Extracted data entries:
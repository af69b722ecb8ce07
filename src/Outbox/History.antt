-- ===== src/Outbox/History.antt =====
-- What the records of the outbox go through (internal/audit/outbox.go, and the stale recovery of
-- internal/store/postgres/audit_outbox.go).
use agentsmith_fs_control_pl.Clock.{Duration, Time, is_zero}
use agentsmith_fs_control_pl.Outbox.{
  Decoded, DeliveryFailure, OutboxEvent, OutboxRecord, OutboxStatus, delivered, delivering, failed,
  mark_delivered, mark_delivering, mark_delivery_failed, new_outbox_record, pending, retry_wait,
  started, validate_outbox_record, failed_record, finished, outbox_valid,
}
use agentsmith_fs_control_pl.Outbox.Stale.{recover_stale_record, recovered_record}
use agentsmith_fs_control_pl.Prelude.{
  some, none, ok, ◌≡◌, ◌⊎◌, arith, pos, suc, ℕ, false, inl, inr, is_some, refl, true, ◌≢◌, subst,
  sym,
}
use agentsmith_fs_control_pl.Text.{Text, is_empty}

-- The arrows of the delivery diagram.
pub data Arrow : OutboxStatus → OutboxStatus → Type 0 where
  start_first : Arrow pending delivering
  start_again : Arrow retry_wait delivering
  succeed : Arrow delivering delivered
  back_off : Arrow delivering retry_wait
  give_up : Arrow delivering failed

-- One transition of a record, with the limit `m` on attempts; stale recovery has no regard to it.
pub data Transition (decode : Text → Decoded) (redact : Text → Text) (m : ℕ) (r : OutboxRecord)
    (s : OutboxRecord) : Type 0 where
  by_delivering :
      (o : Text) (t : Time)
      → mark_delivering decode r o t ≡ (s, none)
      → Transition decode redact m r s
  by_delivered : (t : Time) → mark_delivered decode r t ≡ (s, none) → Transition decode redact m r s
  by_failure :
      (f : DeliveryFailure)
      → f.max_attempts ≡ pos m
      → mark_delivery_failed decode redact r f ≡ (s, none)
      → Transition decode redact m r s
  by_recovery :
      (threshold : Duration) (f : DeliveryFailure)
      → recover_stale_record redact threshold f r ≡ some s
      → Transition decode redact m r s

-- The records that an event can come to, in so many transitions.
pub data Reached (decode : Text → Decoded) (redact : Text → Text) (m : ℕ)
    : ℕ → OutboxRecord → Type 0 where
  created :
      (e : OutboxEvent) (t : Time) {r : OutboxRecord}
      → new_outbox_record e t ≡ ok r
      → Reached decode redact m 0 r
  moved :
      {n : ℕ} {r s : OutboxRecord}
      → Reached decode redact m n r
      → Transition decode redact m r s
      → Reached decode redact m (suc n) s

-- What a record keeps for ever: the event and when it was stored.
pub record IsKept (r : OutboxRecord) (s : OutboxRecord) : Type 0 where
  pub id : s.event_id ≡ r.event_id
  pub type : s.event_type ≡ r.event_type
  pub time : s.event_time ≡ r.event_time
  pub payload : s.payload_json ≡ r.payload_json
  pub creation : s.created_at ≡ r.created_at

module _ (decode : Text → Decoded) (redact : Text → Text) where
  pub mark_delivering-inv :
      (r : OutboxRecord) (o : Text) (t : Time) {s : OutboxRecord}
      → mark_delivering decode r o t ≡ (s, none)
      → (s ≡ started r t)
        × ((r.status ≡ pending) ⊎ (r.status ≡ retry_wait))
        × (validate_outbox_record decode r ≡ none)
        × (is_zero t ≡ false)
  unfolding mark_delivering
  mark_delivering-inv r o t h = (ground arith, ground arith, ground arith, ground arith)

  pub mark_delivered-inv :
      (r : OutboxRecord) (t : Time) {s : OutboxRecord}
      → mark_delivered decode r t ≡ (s, none)
      → (s ≡ finished r t)
        × (r.status ≡ delivering)
        × (validate_outbox_record decode r ≡ none)
        × (is_zero t ≡ false)
  unfolding mark_delivered
  mark_delivered-inv r t h = (ground arith, ground arith, ground arith, ground arith)

  pub mark_delivery_failed-inv :
      (r : OutboxRecord) (f : DeliveryFailure) {s : OutboxRecord}
      → mark_delivery_failed decode redact r f ≡ (s, none)
      → (s ≡ failed_record redact r f)
        × (r.status ≡ delivering)
        × (validate_outbox_record decode r ≡ none)
        × (is_zero f.now ≡ false)
  unfolding mark_delivery_failed
  mark_delivery_failed-inv r f h = (ground arith, ground arith, ground arith, ground arith)

  pub recover_stale_record-inv :
      (threshold : Duration) (f : DeliveryFailure) (r : OutboxRecord) {s : OutboxRecord}
      → recover_stale_record redact threshold f r ≡ some s
      → (s ≡ recovered_record redact f r) × (r.status ≡ delivering) × (is_zero f.now ≡ false)
  unfolding recover_stale_record
  recover_stale_record-inv threshold f r h = (ground arith, ground arith, ground arith)

  failed_record-status :
      (r : OutboxRecord) (f : DeliveryFailure)
      → ((failed_record redact r f).status ≡ failed)
        ⊎ ((failed_record redact r f).status ≡ retry_wait)
  unfolding failed_record
  failed_record-status r f = ground arith

  failed_record-IsKept :
      (r : OutboxRecord) (f : DeliveryFailure) → IsKept r (failed_record redact r f)
  unfolding failed_record
  failed_record-IsKept r f = record {
    id = ground arith;
    type = ground arith;
    time = ground arith;
    payload = ground arith;
    creation = ground arith;
  }

  -- A transition follows an arrow of the delivery diagram and keeps the event, its payload and the
  -- time of creation.
  pub Transition-Arrow :
      (m : ℕ) (r s : OutboxRecord)
      → Transition decode redact m r s
      → Arrow r.status s.status × IsKept r s
  Transition-Arrow m r s (by_delivering o t h) =
      let (e, from, v, z) = mark_delivering-inv r o t h in
      (
        elim from [ inl p ↦ rw (e, p) start_first | inr p ↦ rw (e, p) start_again ],
        rw e (record { id = refl; type = refl; time = refl; payload = refl; creation = refl }),
      )
  Transition-Arrow m r s (by_delivered t h) =
      let (e, from, v, z) = mark_delivered-inv r t h in
      (
        rw (e, from) succeed,
        rw e (record { id = refl; type = refl; time = refl; payload = refl; creation = refl }),
      )
  Transition-Arrow m r s (by_failure f l h) =
      let (e, from, v, z) = mark_delivery_failed-inv r f h in
      (
        elim (failed_record-status r f) [
          | inl p ↦ rw (e, p, from) give_up
          | inr p ↦ rw (e, p, from) back_off
        ],
        rw e (failed_record-IsKept r f),
      )
  Transition-Arrow m r s (by_recovery threshold f h) =
      let (e, from, z) = recover_stale_record-inv threshold f r h in
      (
        rw (e, from) back_off,
        rw e (record { id = refl; type = refl; time = refl; payload = refl; creation = refl }),
      )

  -- A transition that returns an error returns the record as it was.
  pub marked_unchanged :
      (r : OutboxRecord) (o : Text) (t : Time) (f : DeliveryFailure)
      → (is_some ((mark_delivering decode r o t).1) ≡ true → (mark_delivering decode r o t).0 ≡ r)
        × (is_some ((mark_delivered decode r t).1) ≡ true → (mark_delivered decode r t).0 ≡ r)
        × (is_some ((mark_delivery_failed decode redact r f).1) ≡ true
            → (mark_delivery_failed decode redact r f).0 ≡ r)
  unfolding mark_delivering mark_delivered mark_delivery_failed
  marked_unchanged r o t f = (λ h. ground arith, λ h. ground arith, λ h. ground arith)

-- What holds of every record that is stored.
pub record IsWellFormed (r : OutboxRecord) : Type 0 where
  pub known : outbox_valid r.status ≡ true
  pub touched : is_zero r.updated_at ≡ false
  pub waits :
      r.status ≡ retry_wait → (is_some r.next_retry_at ≡ true) × (is_empty r.last_error ≡ false)
  pub unhurried : r.status ≢ retry_wait → r.next_retry_at ≡ none
  pub arrived : r.status ≡ delivered → is_some r.delivered_at ≡ true
  pub absent : r.status ≢ delivered → r.delivered_at ≡ none
  pub explained : r.status ≡ failed → is_empty r.last_error ≡ false

module _ (decode : Text → Decoded) (redact : Text → Text) where
  new_outbox_record-IsWellFormed :
      (e : OutboxEvent) (t : Time) {r : OutboxRecord}
      → new_outbox_record e t ≡ ok r
      → IsWellFormed r
  unfolding new_outbox_record
  new_outbox_record-IsWellFormed e t h = record {
    known = ground arith;
    touched = ground arith;
    waits = λ p. ground arith;
    unhurried = λ p. ground arith;
    arrived = λ p. ground arith;
    absent = λ p. ground arith;
    explained = λ p. ground arith;
  }

  started-IsWellFormed :
      (r : OutboxRecord) (t : Time)
      → IsWellFormed r
      → is_zero t ≡ false
      → ((r.status ≡ pending) ⊎ (r.status ≡ retry_wait))
      → IsWellFormed (started r t)
  started-IsWellFormed r t w z h = record {
    known = ground arith;
    touched = ground arith;
    waits = λ p. ground arith;
    unhurried = λ p. ground arith;
    arrived = λ p. ground arith;
    absent = λ p. w.absent (λ d. ground arith);
    explained = λ p. ground arith;
  }

  finished-IsWellFormed :
      (r : OutboxRecord) (t : Time) → is_zero t ≡ false → IsWellFormed (finished r t)
  finished-IsWellFormed r t z = record {
    known = ground arith;
    touched = ground arith;
    waits = λ p. ground arith;
    unhurried = λ p. ground arith;
    arrived = λ p. ground arith;
    absent = λ p. ground arith;
    explained = λ p. ground arith;
  }

  failed_record-IsWellFormed :
      (r : OutboxRecord) (f : DeliveryFailure)
      → is_zero f.now ≡ false
      → IsWellFormed (failed_record redact r f)
  unfolding failed_record
  failed_record-IsWellFormed r f z = record {
    known = ground arith;
    touched = ground arith;
    waits = λ p. ground arith;
    unhurried = λ p. ground arith;
    arrived = λ p. ground arith;
    absent = λ p. ground arith;
    explained = λ p. ground arith;
  }

  recovered_record-IsWellFormed :
      (r : OutboxRecord) (f : DeliveryFailure)
      → is_zero f.now ≡ false
      → IsWellFormed (recovered_record redact f r)
  recovered_record-IsWellFormed r f z = record {
    known = refl;
    touched = z;
    waits = λ p. ground arith;
    unhurried = λ p. absurd (p refl);
    arrived = λ p. cc;
    absent = λ p. refl;
    explained = λ p. cc;
  }

  pub Reached-IsWellFormed :
      (m n : ℕ) (r : OutboxRecord) → Reached decode redact m n r → IsWellFormed r
  Reached-IsWellFormed m n r (created e t h) = new_outbox_record-IsWellFormed e t h
  Reached-IsWellFormed m (suc n) s (moved {r = r} h (by_delivering o t g)) =
      let (e, from, v, z) = mark_delivering-inv decode redact r o t g in
      subst IsWellFormed (sym e) (started-IsWellFormed r t (Reached-IsWellFormed m n r h) z from)
  Reached-IsWellFormed m (suc n) s (moved {r = r} h (by_delivered t g)) =
      let (e, from, v, z) = mark_delivered-inv decode redact r t g in
      subst IsWellFormed (sym e) (finished-IsWellFormed r t z)
  Reached-IsWellFormed m (suc n) s (moved {r = r} h (by_failure f l g)) =
      let (e, from, v, z) = mark_delivery_failed-inv decode redact r f g in
      subst IsWellFormed (sym e) (failed_record-IsWellFormed r f z)
  Reached-IsWellFormed m (suc n) s (moved {r = r} h (by_recovery threshold f g)) =
      let (e, from, z) = recover_stale_record-inv decode redact threshold f r g in
      subst IsWellFormed (sym e) (recovered_record-IsWellFormed r f z)
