-- ===== src/Inspection/OutboxPlan.antt =====
-- The plan for an audit record (internal/inspection/recovery_planner.go) against its transitions
-- (internal/audit/outbox.go).
use agentsmith_fs_control_pl.Clock.{Time, is_zero}
use agentsmith_fs_control_pl.Inspection.{
  RecoveryContext, classify_audit_outbox_recovery, classify_delivery, deliver, manual_intervention,
  validate_audit_outbox_payload, validate_audit_outbox_record,
}
use agentsmith_fs_control_pl.Outbox.{
  Decoded, OutboxRecord, failed, mark_delivering, started, validate_outbox_payload_json,
  validate_outbox_record,
}
use agentsmith_fs_control_pl.Outbox.History.{Reached, Reached-IsWellFormed}
use agentsmith_fs_control_pl.Prelude.{arith, false, leb_ℤ, none, pos, ℕ, ◌↔◌, ◌≡◌}
use agentsmith_fs_control_pl.Text.{Text, is_blank}

same_checks :
    (decode : Text → Decoded) (r : OutboxRecord)
    → validate_outbox_record decode r ≡ none
    → validate_audit_outbox_record decode r ≡ none
unfolding validate_outbox_record validate_outbox_payload_json validate_audit_outbox_record
    validate_audit_outbox_payload
same_checks decode r h = ground arith

checks_same :
    (decode : Text → Decoded) (r : OutboxRecord)
    → validate_audit_outbox_record decode r ≡ none
    → validate_outbox_record decode r ≡ none
unfolding validate_outbox_record validate_outbox_payload_json validate_audit_outbox_record
    validate_audit_outbox_payload
checks_same decode r h = ground arith

-- Where the plan is to deliver a record, MarkDelivering starts the delivery for any owner that is
-- not blank, at any time that is set.
pub classify_audit_outbox_recovery-mark_delivering :
    (decode : Text → Decoded) (r : OutboxRecord) (c : RecoveryContext) (o : Text) (t : Time)
    → (classify_audit_outbox_recovery decode r c).action ≡ deliver
    → is_blank o ≡ false
    → is_zero t ≡ false
    → mark_delivering decode r o t ≡ (started r t, none)
unfolding classify_audit_outbox_recovery classify_delivery mark_delivering
classify_audit_outbox_recovery-mark_delivering decode r c o t h b z =
    ground (arith, checks_same decode r)

-- For a record that the outbox can hold and that is valid, planned with a time that is set and a
-- positive threshold, manual work is asked for exactly when delivery was given up.
pub classify_audit_outbox_recovery-manual_iff :
    (decode : Text → Decoded) (redact : Text → Text) (m n : ℕ) (r : OutboxRecord)
    (c : RecoveryContext)
    → Reached decode redact m n r
    → validate_outbox_record decode r ≡ none
    → is_zero c.now ≡ false
    → leb_ℤ c.stale_delivering_threshold (pos 0) ≡ false
    → ((classify_audit_outbox_recovery decode r c).action ≡ manual_intervention)
      ↔ (r.status ≡ failed)
unfolding classify_audit_outbox_recovery classify_delivery
classify_audit_outbox_recovery-manual_iff decode redact m n r c h v z p =
    let w = Reached-IsWellFormed decode redact m n r h in
    let k = w.known in
    let t = w.touched in
    let wa = w.waits in
    let a = w.arrived in
    (λ q. ground (arith, same_checks decode r), λ q. ground (arith, same_checks decode r))
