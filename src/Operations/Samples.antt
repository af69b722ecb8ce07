-- ===== src/Operations/Samples.antt =====
-- An operation as it is queued, and requests for its lease (internal/operations/types.go and
-- internal/operations/lease.go), for the tests.
use agentsmith_fs_control_pl.Clock.{Time}
use agentsmith_fs_control_pl.Operations.Lease.{LeaseRequest, no_policy, no_recovery}
use agentsmith_fs_control_pl.Operations.Record.{Boundary, OperationRecord, repo_create}
use agentsmith_fs_control_pl.Operations.State.{queued}
use agentsmith_fs_control_pl.Operations.Value.{nil, no_members}
use agentsmith_fs_control_pl.Prelude.{String, [], none, pos, ℕ}
use agentsmith_fs_control_pl.Text.{bytes}

abbrev pub boundary : Boundary
boundary = record {
  id = bytes "op_01";
  type = repo_create;
  phase = bytes "validate_repo_create";
  idempotency_scope = bytes "svc:ns_01:repo_create:k";
  idempotency_key = bytes "k";
  request_hash = bytes "sha256:00";
  correlation_id = bytes "corr";
  caller_service = bytes "svc";
  authorized_actor = record { type = bytes "user"; id = bytes "u1" };
  resource = record { type = bytes "repo"; id = bytes "repo_01" };
  namespace_id = bytes "ns_01";
  repo_id = bytes "repo_01";
  template_id = [];
  export_id = [];
  mount_binding_id = [];
  session_fence_id = [];
  external_resource_ids = [];
  input_summary = no_members;
  jvs_json_output = nil;
  verification_result = nil;
  compensation_status = [];
  error = none;
  created_at = 5;
}

abbrev pub fresh : OperationRecord
fresh = record {
  boundary = boundary;
  state = queued;
  attempt = pos 0;
  lease_owner = [];
  lease_expires_at = none;
  started_at = none;
  finished_at = none;
}

abbrev pub ask : String → ℕ → Time → LeaseRequest
ask o d t = record {
  owner = bytes o;
  duration = pos d;
  now = t;
  recovery_mode = no_recovery;
  cancel_policy = no_policy;
}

### WHAT YOU SHOULD DO
The lines above that hold the word "OperationRecord" should be found and copied out.

### RESPONSE TO THE EXERCISE
use agentsmith_fs_control_pl.Operations.Record.{Boundary, OperationRecord, repo_create}
abbrev pub fresh : OperationRecord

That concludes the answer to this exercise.